What lines in the records below mention "codes"? List them all.
*** Opening of Information given ***
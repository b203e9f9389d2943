-- ===== src/Protocol/Hello/Tests.antt =====
-- internal/protocol/mmtls_protocol.go: hello messages.
use yyb_go.Prelude.{ℕ, ◌≡◌, refl, arith, [], ◌∷◌, ◌++◌, length, replicate, Bytes, codes}
use yyb_go.Prelude.Outcome.{Outcome, ok, err}
use yyb_go.Protocol.Handshake.{build_handshake}
use yyb_go.Protocol.Hello.{
  build_client_hello, build_psk_client_hello, parse_server_hello, bad_random, extract_key_shares,
  keys_loop,
}
use yyb_go.Protocol.Hello.Read.{
  IsSane, parse_server_hello-IsSane, encode_hello, key_share, parse_server_hello-encode_hello,
}

abbrev key : Bytes
key = 4 ∷ 5 ∷ 6 ∷ []

abbrev random : Bytes
random = replicate 32 7

abbrev hello : Bytes
hello = encode_hello (0x03 ∷ 0xf1 ∷ []) 0xc02b random (key_share (replicate 6 0) 2 key)

parse_server_hello-encode_hello_example :
    parse_server_hello (hello ++ codes "rest")
    ≡ ok
        (record { server_random = random; cipher = 0xc02b; server_group = 2; server_pub_key = key })
parse_server_hello-encode_hello_example =
    parse_server_hello-encode_hello (0x03 ∷ 0xf1 ∷ []) 0xc02b random (replicate 6 0) 2 key
      (codes "rest") refl (omega arith) refl refl (omega arith) (omega arith)

parse_server_hello-IsSane_example : IsSane (parse_server_hello (hello ++ codes "rest"))
parse_server_hello-IsSane_example = parse_server_hello-IsSane (hello ++ codes "rest")

short_random : build_psk_client_hello (codes "short") 1 [] ≡ err bad_random
unfolding build_psk_client_hello
short_random = refl

-- A key in the middle of other bytes.
found_key :
    extract_key_shares (9 ∷ 0x00 ∷ 0x41 ∷ 0x04 ∷ (replicate 64 1 ++ 8 ∷ []))
    ≡ (0x04 ∷ replicate 64 1) ∷ []
unfolding extract_key_shares keys_loop
found_key = refl

abbrev size_of : {E : Type 0} → Outcome E Bytes → ℕ
size_of (ok bs) = length bs
size_of _ = 0

client_hello_size : size_of (build_client_hello random 1 (replicate 65 2) (replicate 65 3)) ≡ 212
unfolding build_client_hello build_handshake
client_hello_size = refl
*** Close of Information given ***
## [Exercise result]
use yyb_go.Prelude.{ℕ, ◌≡◌, refl, arith, [], ◌∷◌, ◌++◌, length, replicate, Bytes, codes}
    parse_server_hello (hello ++ codes "rest")
      (codes "rest") refl (omega arith) refl refl (omega arith) (omega arith)
parse_server_hello-IsSane_example : IsSane (parse_server_hello (hello ++ codes "rest"))
parse_server_hello-IsSane_example = parse_server_hello-IsSane (hello ++ codes "rest")
short_random : build_psk_client_hello (codes "short") 1 [] ≡ err bad_random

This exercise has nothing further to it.